XKCD game theory question

Six-panel cartoon from XKCD.
Each panel gives a one-question mathematics ‘final exam’ from
a different level of education from ‘kindergarten’ to 
‘postgraduate math’.  This article concerns the fifth, which says
“Game Theory Final Exam: Q. Write down 10 more than the average of
the class’s answers.  A. (blank).”

(Source: XKCD “Exam numbers”.)

This post is about the bottom center panel, “Game Theory final exam”.

I don't know much about game theory and I haven't seen any other discussion of this question. But I have a strategy I think is plausible and I'm somewhat pleased with.

(I assume that answers to the exam question must be real numbers — not !!\infty!! — and that “average” here is short for 'arithmetic mean'.)

First, I believe the other players and I must find a way to agree on what the average will be, or else we are all doomed. We can't communicate, so we should choose a Schelling point and hope that everyone else chooses the same one. Fortunately, there is only one distinguished choice: zero. So I will try to make the average zero and I will hope that others are trying to do the same.

If we succeed in doing this, any winning entry will therefore be !!10!!. Not all !!n!! players can win because the average must be !!0!!. But !!n-1!! can win, if the one other player writes !!-10(n-1)!!. So my job is to decide whether I will be the loser. I should select a random integer between !!0!! and !!n-1!!. If it is zero, I have drawn a short straw, and will write !!-10(n-1)!!. otherwise I write !!10!!.

(The straw-drawing analogy is perhaps misleading. Normally, exactly one straw is short. Here, any or all of the straws might be short.)

If everyone follows this strategy, then I will win if exactly one person draws a short straw and if that one person isn't me.
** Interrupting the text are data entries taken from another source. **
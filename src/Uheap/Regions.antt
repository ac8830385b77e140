-- ===== src/Uheap/Regions.antt =====
-- The calls of the user heap keep its regions apart.
use aetheroz.Prelude.{
  ℕ, ◌+◌, ◌*◌, ◌≤◌, ◌<◌, ◌≡◌, refl, sym, ap, subst, inl, inr, Bool, true, false, ◌||◌, not, Option,
  none, some, List, [], ◌∷◌, arith, ltb, leb, ◌==◌, Bool-cases,
}
use aetheroz.Uheap.{
  AddressSpace, Region, Uheap, page, uheap_base, uheap_end, uheap_max_alloc, brk_of, pages_of,
  map_pages, add_region, uheap_alloc, find_region, remove_region, resize_region, free_found,
  uheap_free, move_region, realloc_found, uheap_realloc,
}

-- The regions lie below a limit, one below the other with a free page behind each, and none holds more
-- bytes than it has.
unfoldable pub Stacked : ℕ → List Region → Type 0
Stacked limit [] = uheap_base ≤ limit
Stacked limit (r ∷ rs) =
    (r.base + r.pages * page + page ≤ limit)
    × (0 < r.pages)
    × (r.size ≤ r.pages * page)
    × Stacked r.base rs

-- A heap before its first allocation may have the break 0.
pub record IsUheap (h : Uheap) : Type 0 where
  pub stacked : Stacked (brk_of h) h.regions
  pub below_end : brk_of h ≤ uheap_end

Stacked-raise : (a b : ℕ) (rs : List Region) → a ≤ b → Stacked a rs → Stacked b rs
unfolding Stacked
Stacked-raise a b [] le v = omega arith
Stacked-raise a b (r ∷ rs) le (p, q, t, v) = (omega arith, q, t, v)

remove_region-Stacked :
    (uaddr limit : ℕ) (rs : List Region) → Stacked limit rs → Stacked limit (remove_region uaddr rs)
unfolding Stacked remove_region
remove_region-Stacked uaddr limit [] v = v
remove_region-Stacked uaddr limit (r ∷ rs) (p, q, t, v) = elim (Bool-cases (r.base == uaddr)) [
  | inl found ↦ rw found (Stacked-raise r.base limit rs (omega arith) v)
  | inr other ↦ rw other (p, q, t, remove_region-Stacked uaddr r.base rs v)
]

resize_region-Stacked :
    (uaddr size limit : ℕ) (rs : List Region) (r : Region)
    → find_region uaddr rs ≡ some r
    → size ≤ r.pages * page
    → Stacked limit rs
    → Stacked limit (resize_region uaddr size rs)
unfolding Stacked resize_region find_region
resize_region-Stacked uaddr size limit [] r e fits v = v
resize_region-Stacked uaddr size limit (x ∷ rs) r e fits (p, q, t, v) =
    elim (Bool-cases (x.base == uaddr)) [
      | inl found ↦
          let same : some x ≡ some r = rw found at e in
          let back : Option Region → Region = λ o. elim o [ none ↦ x | some y ↦ y ] in
          rw found (p, q, subst (λ y. size ≤ y.pages * page) (sym (ap back same)) fits, v)
      | inr other ↦
          let below : find_region uaddr rs ≡ some r = rw other at e in
          rw other (p, q, t, resize_region-Stacked uaddr size x.base rs r below fits v)
    ]

add_region-IsUheap :
    (k : AddressSpace) (h : Uheap) (size pages : ℕ) (o : Bool × k.State)
    → IsUheap h
    → 0 < pages
    → size ≤ pages * page
    → brk_of h + pages * page + page ≤ uheap_end
    → IsUheap (add_region k h (brk_of h) size pages o).1
unfolding add_region Stacked
add_region-IsUheap k h size pages (false, s) v some_pages fits ends = v
add_region-IsUheap k h size pages (true, s) v some_pages fits ends = record {
  stacked = (ground arith, some_pages, fits, v.stacked);
  below_end = ground arith;
}

size_parts :
    (a : Bool) (size : ℕ) → (not a || size == 0 || ltb uheap_max_alloc size) ≡ false → 0 < size
size_parts a size h = ground arith

room_parts : (n : ℕ) (b : Bool) → (ltb uheap_end n || b) ≡ false → n ≤ uheap_end
room_parts n b h = ground arith

pub uheap_alloc-IsUheap :
    (k : AddressSpace) (s : k.State) (has_space : Bool) (h : Uheap) (size : ℕ)
    → IsUheap h
    → IsUheap (uheap_alloc k s has_space h size).1
unfolding uheap_alloc
uheap_alloc-IsUheap k s has_space h size v =
    let pages = pages_of size in
    elim (Bool-cases (not has_space || size == 0 || ltb uheap_max_alloc size)) [
      | inl bad ↦ rw bad v
      | inr good ↦
          let some_bytes = size_parts has_space size good in
          elim (Bool-cases
            (ltb uheap_end (brk_of h + pages * page + page) || not (k.node_granted s))) [
              | inl full ↦ rw (good, full) v
              | inr room ↦
                  rw (good, room)
                    (add_region-IsUheap k h size pages (map_pages k s (brk_of h) 0 pages) v
                      (omega arith) (omega arith)
                      (room_parts (brk_of h + pages * page + page) _ room))
            ]
    ]

free_found-IsUheap :
    (k : AddressSpace) (s : k.State) (h : Uheap) (uaddr : ℕ) (o : Option Region)
    → IsUheap h
    → IsUheap (free_found k s h uaddr o).1
unfolding free_found
free_found-IsUheap k s h uaddr none v = v
free_found-IsUheap k s h uaddr (some r) v = record {
  stacked = remove_region-Stacked uaddr (brk_of h) h.regions v.stacked;
  below_end = v.below_end;
}

pub uheap_free-IsUheap :
    (k : AddressSpace) (s : k.State) (h : Uheap) (uaddr : ℕ)
    → IsUheap h
    → IsUheap (uheap_free k s h uaddr).1
unfolding uheap_free
uheap_free-IsUheap k s h uaddr v = elim (Bool-cases (uaddr == 0)) [
  | inl null ↦ rw null v
  | inr given ↦ rw given (free_found-IsUheap k s h uaddr (find_region uaddr h.regions) v)
]

move_region-IsUheap :
    (k : AddressSpace) (r : Region) (uaddr size : ℕ) (o : ℕ × Uheap × k.State)
    → IsUheap o.1
    → IsUheap (move_region k r uaddr size o).1
unfolding move_region
move_region-IsUheap k r uaddr size (new_base, h, s) v = elim (Bool-cases (new_base == 0)) [
  | inl none' ↦ rw none' v
  | inr moved ↦ rw moved (uheap_free-IsUheap k _ h uaddr v)
]

realloc_found-IsUheap :
    (k : AddressSpace) (s : k.State) (has_space : Bool) (h : Uheap) (uaddr size : ℕ)
    (o : Option Region)
    → find_region uaddr h.regions ≡ o
    → IsUheap h
    → IsUheap (realloc_found k s has_space h uaddr size o).1
unfolding realloc_found
realloc_found-IsUheap k s has_space h uaddr size none e v = v
realloc_found-IsUheap k s has_space h uaddr size (some r) e v =
    elim (Bool-cases (leb size (r.pages * page))) [
      | inl fits ↦ rw fits (record {
        stacked =
            resize_region-Stacked uaddr size (brk_of h) h.regions r e (ground arith) v.stacked;
        below_end = v.below_end;
      })
      | inr grows ↦ rw grows (
          move_region-IsUheap k r uaddr size (uheap_alloc k s has_space h size)
            (uheap_alloc-IsUheap k s has_space h size v))
    ]

pub uheap_realloc-IsUheap :
    (k : AddressSpace) (s : k.State) (has_space : Bool) (h : Uheap) (uaddr size : ℕ)
    → IsUheap h
    → IsUheap (uheap_realloc k s has_space h uaddr size).1
unfolding uheap_realloc
uheap_realloc-IsUheap k s has_space h uaddr size v = elim (Bool-cases (uaddr == 0)) [
  | inl null ↦ rw null (uheap_alloc-IsUheap k s has_space h size v)
  | inr given ↦ elim (Bool-cases (size == 0)) [
    | inl empty ↦ rw (given, empty) (uheap_free-IsUheap k s h uaddr v)
    | inr sized ↦ elim (Bool-cases (ltb uheap_max_alloc size)) [
      | inl huge ↦ rw (given, sized, huge) v
      | inr fine ↦
          rw (given, sized, fine)
            (realloc_found-IsUheap k s has_space h uaddr size (find_region uaddr h.regions) refl v)
    ]
  ]
]
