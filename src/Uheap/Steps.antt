-- ===== src/Uheap/Steps.antt =====
-- The regions of a user heap do not meet, whatever calls are made.
use aetheroz.Prelude.{ℕ, Bool, arith}
use aetheroz.Uheap.{AddressSpace, Uheap, uheap_alloc, uheap_free, uheap_realloc, uheap_reset}
use aetheroz.Uheap.Regions.{
  Stacked, IsUheap, uheap_alloc-IsUheap, uheap_free-IsUheap, uheap_realloc-IsUheap,
}

-- One call of the task that owns the heap, with any state of the frames and the page tables.
pub data Step (k : AddressSpace) : Uheap → Uheap → Type 0 where
  allocs :
      (s : k.State) (has_space : Bool) (size : ℕ) (h : Uheap)
      → Step k h (uheap_alloc k s has_space h size).1
  frees : (s : k.State) (uaddr : ℕ) (h : Uheap) → Step k h (uheap_free k s h uaddr).1
  reallocs :
      (s : k.State) (has_space : Bool) (uaddr size : ℕ) (h : Uheap)
      → Step k h (uheap_realloc k s has_space h uaddr size).1
  resets : (h : Uheap) → Step k h (uheap_reset h)

pub data Run (k : AddressSpace) : Uheap → Uheap → Type 0 where
  start : (h : Uheap) → Run k h h
  next : (a b c : Uheap) → Run k a b → Step k b c → Run k a c

uheap_reset-IsUheap : (h : Uheap) → IsUheap (uheap_reset h)
unfolding uheap_reset Stacked
uheap_reset-IsUheap h = record { stacked = omega arith; below_end = omega arith }

Step-IsUheap : (k : AddressSpace) (a b : Uheap) → Step k a b → IsUheap a → IsUheap b
Step-IsUheap k a _ (allocs s has_space size _) v = uheap_alloc-IsUheap k s has_space a size v
Step-IsUheap k a _ (frees s uaddr _) v = uheap_free-IsUheap k s a uaddr v
Step-IsUheap k a _ (reallocs s has_space uaddr size _) v =
    uheap_realloc-IsUheap k s has_space a uaddr size v
Step-IsUheap k a _ (resets _) v = uheap_reset-IsUheap a

Run-keeps : (k : AddressSpace) (a b : Uheap) → Run k a b → IsUheap a → IsUheap b
Run-keeps k a _ (start _) v = v
Run-keeps k a _ (next _ b c run step) v = Step-IsUheap k b c step (Run-keeps k a b run v)

-- After a reset and any calls, whatever the frame allocator and the page tables answer: the regions lie
-- between the base and the end of the user heap, one below the other with a free page behind each, so
-- that no two of them meet; none is empty, and none holds more bytes than its pages.
pub Run-IsUheap : (k : AddressSpace) (h a : Uheap) → Run k (uheap_reset h) a → IsUheap a
Run-IsUheap k h a run = Run-keeps k (uheap_reset h) a run (uheap_reset-IsUheap h)
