-- ===== src/Uheap/Witnesses.antt =====
-- The user heap at concrete inputs.
use aetheroz.Prelude.{ℕ, ◌+◌, ◌≡◌, refl, true, []}
use aetheroz.Uheap.{
  AddressSpace, Uheap, uheap_alloc, add_region, map_pages, map_page, uheap_reset, uheap_realloc,
}
use aetheroz.Uheap.Regions.{IsUheap}
use aetheroz.Uheap.Steps.{allocs, reallocs, start, next, Run-IsUheap}

-- Frames are counted up, and every page can be mapped.
abbrev plenty : AddressSpace
plenty = record {
  State = ℕ;
  pmm_alloc_page = λ s. (s, s + 4096);
  pmm_free_page = λ s pa. s;
  pmm_owns_page = λ s pa. true;
  vmm_map_page_into = λ s va pa. (true, s);
  vmm_unmap_page_from = λ s va. (0, s);
  clear_frame = λ s pa. s;
  copy_user = λ s to from len. s;
  node_granted = λ s. true;
}

abbrev empty : Uheap
empty = uheap_reset (record { brk = 0; regions = [] })

abbrev first : Uheap
first = (uheap_alloc plenty 4096 true empty 5000).1

abbrev second : Uheap
second = (uheap_realloc plenty 4096 true first 0x10000000 20000).1

first_address : (uheap_alloc plenty 4096 true empty 5000).0 ≡ 0x10000000
unfolding uheap_alloc add_region map_pages map_page uheap_reset
first_address = refl

Run-IsUheap_example : IsUheap second
Run-IsUheap_example =
    Run-IsUheap plenty (record { brk = 0; regions = [] }) second
      (next empty first second (next empty empty first (start empty) (allocs 4096 true 5000 empty))
        (reallocs 4096 true 0x10000000 20000 first))
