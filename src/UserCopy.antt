-- ===== src/UserCopy.antt =====
-- kernel/usercopy.c: the copies between a user task and the kernel. The page tables are a test on page
-- addresses, the user's memory a function of the address; a copy to the user is the list of bytes that
-- it writes. The window of user access around a copy (SMAP) is not modelled.
pub mod Ranges
mod Witnesses
use aetheroz.Prelude.{
  ℕ, zero, suc, ◌+◌, ◌-◌, ◌*◌, ◌/◌, ◌%◌, ◌^◌, Bool, true, false, ◌&&◌, ◌||◌, not, Option, none,
  some, List, [], ◌∷◌, ltb, leb, ◌==◌, if◌then◌else◌,
}

-- `ucopy_ctx_t`, with `paging_is_mapped_into` for its page tables.
pub record UcopyCtx : Type 0 where
  pub from_user : Bool
  pub is_mapped : ℕ → Bool

abbrev pub uc_user_va_max : ℕ
uc_user_va_max = 0x0000800000000000

abbrev pub uc_max_range : ℕ
uc_max_range = 64 * 1024 * 1024

-- `addr & ~0xFFF`
abbrev pub page_start : ℕ → ℕ
page_start addr = addr / 4096 * 4096

-- `for (p = first;; p += 0x1000)`, for at most so many rounds.
unfoldable pub pages_mapped : (ℕ → Bool) → ℕ → ℕ → ℕ → Bool
pages_mapped is_mapped last p zero = false
pages_mapped is_mapped last p (suc n) =
    let rest = pages_mapped is_mapped last ((p + 0x1000) % 2 ^ 64) n in
    if not (is_mapped p) then false else if p == last then true else rest

-- The loop has one round for each page.
unfoldable pub range_mapped : (ℕ → Bool) → ℕ → ℕ → Bool
range_mapped is_mapped first last = pages_mapped is_mapped last first ((last - first) / 4096 + 1)

unfoldable pub user_range_ok : UcopyCtx → ℕ → ℕ → Bool
user_range_ok ctx uaddr len =
    if uaddr == 0
    then false
    else if len == 0
    then true
    else if ltb uc_max_range len || ltb ((uaddr + len) % 2 ^ 64) uaddr
    then false
    else if not ctx.from_user
    then true
    else if leb uc_user_va_max uaddr || ltb (uc_user_va_max - uaddr) len
    then false
    else range_mapped ctx.is_mapped (page_start uaddr) (page_start (uaddr + len - 1))

-- `memcpy` of `n` bytes out of a memory.
unfoldable pub bytes_at : (ℕ → ℕ) → ℕ → ℕ → List ℕ
bytes_at m addr zero = []
bytes_at m addr (suc n) = m addr ∷ bytes_at m (addr + 1) n

-- `none` for -1.
unfoldable pub copy_from_user : UcopyCtx → (ℕ → ℕ) → ℕ → ℕ → Option (List ℕ)
copy_from_user ctx m usrc len =
    if user_range_ok ctx usrc len then some (bytes_at m usrc len) else none

-- The user's memory after the copy of the kernel's bytes.
unfoldable pub copy_to_user : UcopyCtx → (ℕ → ℕ) → ℕ → (ℕ → ℕ) → ℕ → Option (ℕ → ℕ)
copy_to_user ctx m udst src len =
    if not (user_range_ok ctx udst len)
    then none
    else some (λ a. if leb udst a && ltb a (udst + len) then src (a - udst) else m a)

abbrev pub cons_byte : ℕ → Option (List ℕ) → Option (List ℕ)
cons_byte c none = none
cons_byte c (some s) = some (c ∷ s)

-- The loop of a kernel caller, with `n` rounds to go.
unfoldable pub kernel_string : (ℕ → ℕ) → ℕ → ℕ → List ℕ
kernel_string m addr zero = []
kernel_string m addr (suc n) =
    let rest = kernel_string m (addr + 1) n in if m addr == 0 then [] else m addr ∷ rest

-- A page that is not the last one checked must lie in the user's range and be mapped.
abbrev pub page_fails : UcopyCtx → ℕ → ℕ → Bool
page_fails ctx checked page =
    not (page == checked) && (leb uc_user_va_max page || not (ctx.is_mapped page))

-- The loop of a user's call from the address `usrc + i` on, with `n` rounds to go.
unfoldable pub user_string : UcopyCtx → (ℕ → ℕ) → ℕ → ℕ → ℕ → ℕ → Option (List ℕ)
user_string ctx m usrc checked i zero = some []
user_string ctx m usrc checked i (suc n) =
    let addr = (usrc + i) % 2 ^ 64 in
    let rest = user_string ctx m usrc (page_start addr) (suc i) n in
    if ltb addr usrc || page_fails ctx checked (page_start addr)
    then none
    else if m addr == 0
    then some []
    else cons_byte (m addr) rest

-- The string without its terminator, of less than `cap` characters.
unfoldable pub strncpy_from_user : UcopyCtx → (ℕ → ℕ) → ℕ → ℕ → Option (List ℕ)
strncpy_from_user ctx m usrc cap =
    if usrc == 0 || cap == 0
    then none
    else if ctx.from_user
    then user_string ctx m usrc 1 0 (cap - 1)
    else some (kernel_string m usrc (cap - 1))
The former has a probability that rapidly approaches !!\frac1e\approx 36.8\%!! as !!n!! increases, and the latter is !!\frac{n-1}n!!. In an !!n!!-person class, the probability of my winning is $$\left(\frac{n-1}n\right)^n$$ which is already better than !!\frac13!! when !!n= 6!!, and it increases slowly toward !!36.8\%!! after that.

Some miscellaneous thoughts:

  1. The whole thing depends on my idea that everyone will agree on !!0!! as a Schelling point. Is that even how Schelling points work? Maybe I don't understand Schelling points.

  2. I like that the probability !!\frac1e!! appears. It's surprising how often this comes up, often when multiple agents try to coordinate without communicating. For example, in ALOHAnet a number of ground stations independently try to send packets to a single satellite transceiver, but if more than one tries to send a packet at a particular time, the packets are garbled and must be retransmitted. At most !!\frac1e!! of the available bandwidth can be used, the rest being lost to packet collisions.

  3. The first strategy I thought of was plausible but worse: flip a coin, and write down !!10!! if it is heads and !!-10!! if it is tails. With this strategy I win if exactly !!\frac n2!! of the class flips heads and if I do too. The probability of this happening is only $$\frac{n\choose n/2}{2^n}\cdot \frac12 \approx \frac1{\sqrt{2\pi n}}.$$ Unlike the other strategy, this decreases to zero as !!n!! increases, and in no case is it better than the first strategy. It also fails badly if the class contains an odd number of people.

    Thanks to Brian Lee for figuring out the asymptotic value of !!4^{-n}\binom{2n}{n}!! so I didn't have to.

  4. Just because this was the best strategy I could think of in no way means that it is the best there is. There might have been something much smarter that I did not think of, and if there is then my strategy will sabotage everyone else.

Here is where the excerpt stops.